*Task brief:*
Please copy exactly the lines from the top of the data through the line containing "-- The source", and nothing else.

[Saved entries]
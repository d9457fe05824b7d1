-- ===== src/Host/Attempt.antt =====
-- `execute_attempt` of src/prompt_performance_engine/frontier_host.py. Up to the call of the runner,
-- which takes long and holds no lock, it is `begin`; what follows the call is `finish`.
-- The source takes its lock once in `_claim_slot`, once in the ledger's `reserve` and, if that raises,
-- once in `_release_slot`: `begin` is the three in turn, with no other thread in between.
use prompt_performance_engin.Prelude.{
  ℕ, ◌+◌, ◌-◌, Bool, ◌&&◌, ◌==◌, leb, String, str_eq, contains, Option, none, some, List, [], ◌∷◌,
  if◌then◌else◌,
}
use prompt_performance_engin.Prelude.Result.{
  Result, ok, err, ◌>>=◌, ◌>>◌, ensure, raise_if, attempt,
}
use prompt_performance_engin.Prelude.Value.{Value, ℤ}
use prompt_performance_engin.Budget.Amounts.{Amounts, Error as LedgerError}
use prompt_performance_engin.Budget.Ledger.{Ledger, Reservation, reserve, is_identifier}
use prompt_performance_engin.Host.Plan.{
  Slot, Component, ModelBinding, Frozen, HostState, find_slot, find_component, find_binding,
  amounts_value,
}

-- What `execute_attempt` raises before the call, from the ledger, or when it is interrupted.
pub data Error : Type 0 where
  bad_identifier bad_retry_index text_not_string expired : Error
  not_scheduled metadata_mismatch text_mismatch unknown_model bad_clock : Error
  slot_consumed capacity_exhausted unknown_component : Error
  ledger_refused : LedgerError → Error
  interrupted : Error

-- The arguments of `execute_attempt`.
pub record Arguments : Type 0 where
  pub attempt_id : Value
  pub component_id : Value
  pub retry_index : Value
  pub model_id : Value
  pub purpose : Value
  pub system_prompt : Value
  pub user_payload : Value

-- `ProviderAttemptRequest`: its fields from the slot and the binding are in `slot` and `binding`.
pub record Request : Type 0 where
  pub slot : Slot
  pub binding : ModelBinding
  pub system_prompt : String
  pub user_payload : String

-- What the digests give, of a text, of a request, and of the whole context of a receipt. Texts here
-- have no lone surrogates, on which `sha256_json` raises a UnicodeEncodeError, so each has a digest.
pub record Digests : Type 0 where
  pub text_sha256 : String → String
  pub request_sha256 : Request → String
  pub response_sha256 : String → String
  pub context_sha256 : Request → String → String → Amounts → String

-- An attempt whose request is with the runner.
pub record Dispatched : Type 0 where
  pub component : Component
  pub reservation_token : String
  pub request : Request

-- `ProviderAttemptResult`, with the fields that are tested left as they come.
pub record ProviderAttemptResult : Type 0 where
  pub text : Value
  pub provider : Value
  pub model_id : Value
  pub status : Value
  pub input_tokens : Value
  pub output_tokens : Value
  pub money_microunits : Value
  pub physical_attempts : Value
  pub receipt_evidence : Value

-- How the call of the runner ended: `raised_invalid` is an arithmetic, attribute, type or value
-- error, `stopped` an exception that is no `Exception`.
pub data RunnerOutcome : Type 0 where
  returned : ProviderAttemptResult → RunnerOutcome
  returned_other raised_invalid timed_out raised stopped : RunnerOutcome

-- How the receipt verifier ended.
pub data VerifierAnswer : Type 0 where
  answered : Value → VerifierAnswer
  verifier_raised verifier_stopped : VerifierAnswer

unfoldable pub identifier : Value → Result Error String
identifier (Value.str s) = if is_identifier s then ok s else err bad_identifier
identifier value = err bad_identifier

unfoldable pub natural : Value → Result Error ℕ
natural (Value.int (ℤ.pos n)) = ok n
natural value = err bad_retry_index

unfoldable pub text_argument : Value → Result Error String
text_argument (Value.str s) = ok s
text_argument value = err text_not_string

unfoldable pub or_raise : {A : Type 0} → Error → Option A → Result Error A
or_raise e none = err e
or_raise e (some a) = ok a

-- `_claim_slot`
unfoldable pub claim_slot : Frozen → Slot → HostState → Result Error Component × HostState
claim_slot frozen slot s =
    if contains slot.slot_id s.used_slots
    then (err slot_consumed, s)
    else elim (find_component slot.component_id frozen.components) [
      | none ↦ (err unknown_component, s)
      | some c ↦
          if leb c.capacity (s.allocated slot.component_id) then (err capacity_exhausted, s) else (
            ok c,
            record s {
              used_slots = slot.slot_id ∷ s.used_slots;
              allocated =
                  λ id. if str_eq slot.component_id id then s.allocated id + 1 else s.allocated id;
            },
          )
    ]

-- `_used_slots.remove(slot_id)`
unfoldable pub remove : String → List String → List String
remove id [] = []
remove id (j ∷ js) = if str_eq j id then js else j ∷ remove id js

-- `_release_slot`
unfoldable pub release_slot : Slot → HostState → HostState
release_slot slot s = record s {
  used_slots = remove slot.slot_id s.used_slots;
  allocated = λ id. if str_eq slot.component_id id then s.allocated id - 1 else s.allocated id;
}

-- After the ledger has answered: a refusal gives the slot back.
unfoldable pub after_reserve :
    Request
    → Component
    → HostState
    → Result LedgerError Reservation × Ledger
    → Result Error Dispatched × HostState
unfolding release_slot
after_reserve request c s (ok r, l) = (
  ok (record { component = c; reservation_token = r.reservation_token; request = request }),
  record s { ledger = l },
)
after_reserve request c s (err e, l) =
    (err (ledger_refused e), release_slot request.slot (record s { ledger = l }))

unfoldable pub after_claim :
    Request → String → Result Error Component × HostState → Result Error Dispatched × HostState
unfolding after_reserve
after_claim request token (err e, t) = (err e, t)
after_claim request token (ok c, t) =
    after_reserve request c t
      (reserve (Value.str request.slot.slot_id) (amounts_value c.maximums) token t.ledger)

-- The slot is claimed, and the worst case of the call is reserved.
unfoldable pub dispatch :
    Frozen → String → Request → HostState → Result Error Dispatched × HostState
dispatch frozen token request s = after_claim request token (claim_slot frozen request.slot s)

-- The checks before the slot is claimed.
unfoldable pub prepare : Frozen → Digests → Bool → Bool → Arguments → Result Error Request
prepare frozen digests is_expired clock_works a = do
  attempt_id ← identifier a.attempt_id
  component_id ← identifier a.component_id
  model_id ← identifier a.model_id
  purpose ← identifier a.purpose
  retry_index ← natural a.retry_index
  system_prompt ← text_argument a.system_prompt
  user_payload ← text_argument a.user_payload
  raise_if is_expired expired
  slot ← or_raise not_scheduled (find_slot attempt_id frozen.slots)
  ensure
      (str_eq slot.component_id component_id
        && slot.retry_index == retry_index
        && str_eq slot.model_id model_id
        && str_eq slot.purpose purpose)
      metadata_mismatch
  ensure
      (str_eq slot.system_prompt_sha256 (digests.text_sha256 system_prompt)
        && str_eq slot.user_payload_sha256 (digests.text_sha256 user_payload))
      text_mismatch
  binding ← or_raise unknown_model (find_binding model_id frozen.bindings)
  ensure clock_works bad_clock
  ok (record {
    slot = slot;
    binding = binding;
    system_prompt = system_prompt;
    user_payload = user_payload;
  })

-- `execute_attempt`, up to the call of the runner.
unfoldable pub begin :
    Frozen
    → Digests
    → Bool
    → Bool
    → String
    → Arguments
    → HostState
    → Result Error Dispatched × HostState
begin frozen digests is_expired clock_works token a =
    attempt (prepare frozen digests is_expired clock_works a) (dispatch frozen token)
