-- ===== src/Host/Checking.antt =====
-- The tests that `execute_attempt` of src/prompt_performance_engine/frontier_host.py makes of what
-- the runner returned.
use prompt_performance_engin.Prelude.{
  ℕ, Bool, true, false, ◌&&◌, String, str_eq, contains, List, [], ◌∷◌, if◌then◌else◌, leb, ◌==◌,
}
use prompt_performance_engin.Prelude.Result.{Result, ok, err, ◌>>◌, ensure, ◌>>=◌, raise_if}
use prompt_performance_engin.Prelude.Value.{Value, ℤ, obj}
use prompt_performance_engin.Prelude.Text.{is_blank}
use prompt_performance_engin.Budget.Amounts.{max_budget_value}
use prompt_performance_engin.Host.Attempt.{Request, ProviderAttemptResult}

-- `PROVIDER_RESULT_STATUSES`
abbrev pub provider_result_statuses : List String
provider_result_statuses =
    "success" ∷ "failure" ∷ "timeout" ∷ "refusal" ∷ "quota" ∷ "malformed" ∷ []

-- What a result with valid fields says.
pub record Checked : Type 0 where
  pub text : String
  pub status : String
  pub input_tokens : ℕ
  pub output_tokens : ℕ
  pub money_microunits : ℕ
  pub receipt_evidence : Value

unfoldable pub is_text : String → Value → Bool
is_text expected (Value.str s) = str_eq s expected
is_text expected value = false

-- `isinstance(value, int)` without `bool`, and equal to 1.
unfoldable pub is_one : Value → Bool
is_one (Value.int (ℤ.pos n)) = n == 1
is_one value = false

-- A `ValueError` or `TypeError` inside the `try`.
pub data Invalid : Type 0 where
  invalid_result : Invalid

unfoldable pub as_text : Value → Result Invalid String
as_text (Value.str s) = ok s
as_text value = err invalid_result

unfoldable pub as_status : Value → Result Invalid String
as_status (Value.str s) = if contains s provider_result_statuses then ok s else err invalid_result
as_status value = err invalid_result

unfoldable pub is_mapping : Value → Bool
is_mapping (obj fs) = true
is_mapping value = false

-- `_resource`
unfoldable pub resource : Value → Result Invalid ℕ
resource (Value.int (ℤ.pos n)) = if leb n max_budget_value then ok n else err invalid_result
resource value = err invalid_result

-- The tests of the identity and the shape of a result, and its figures.
unfoldable pub check_result : Request → ProviderAttemptResult → Result Invalid Checked
check_result request r = do
  ensure
      (is_text request.binding.provider r.provider
        && is_text request.slot.model_id r.model_id
        && is_one r.physical_attempts)
      invalid_result
  status ← as_status r.status
  text ← as_text r.text
  raise_if (str_eq status "success" && is_blank text) invalid_result
  ensure (is_mapping r.receipt_evidence) invalid_result
  i ← resource r.input_tokens
  o ← resource r.output_tokens
  m ← resource r.money_microunits
  ok (record {
    text = text;
    status = status;
    input_tokens = i;
    output_tokens = o;
    money_microunits = m;
    receipt_evidence = r.receipt_evidence;
  })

*Written reply:*
repository d9457fe05824b7d1
-- ===== src/Host/Attempt.antt =====
-- `execute_attempt` of src/prompt_performance_engine/frontier_host.py. Up to the call of the runner,
-- which takes long and holds no lock, it is `begin`; what follows the call is `finish`.
-- The source takes its lock once in `_claim_slot`, once in the ledger's `reserve` and, if that raises,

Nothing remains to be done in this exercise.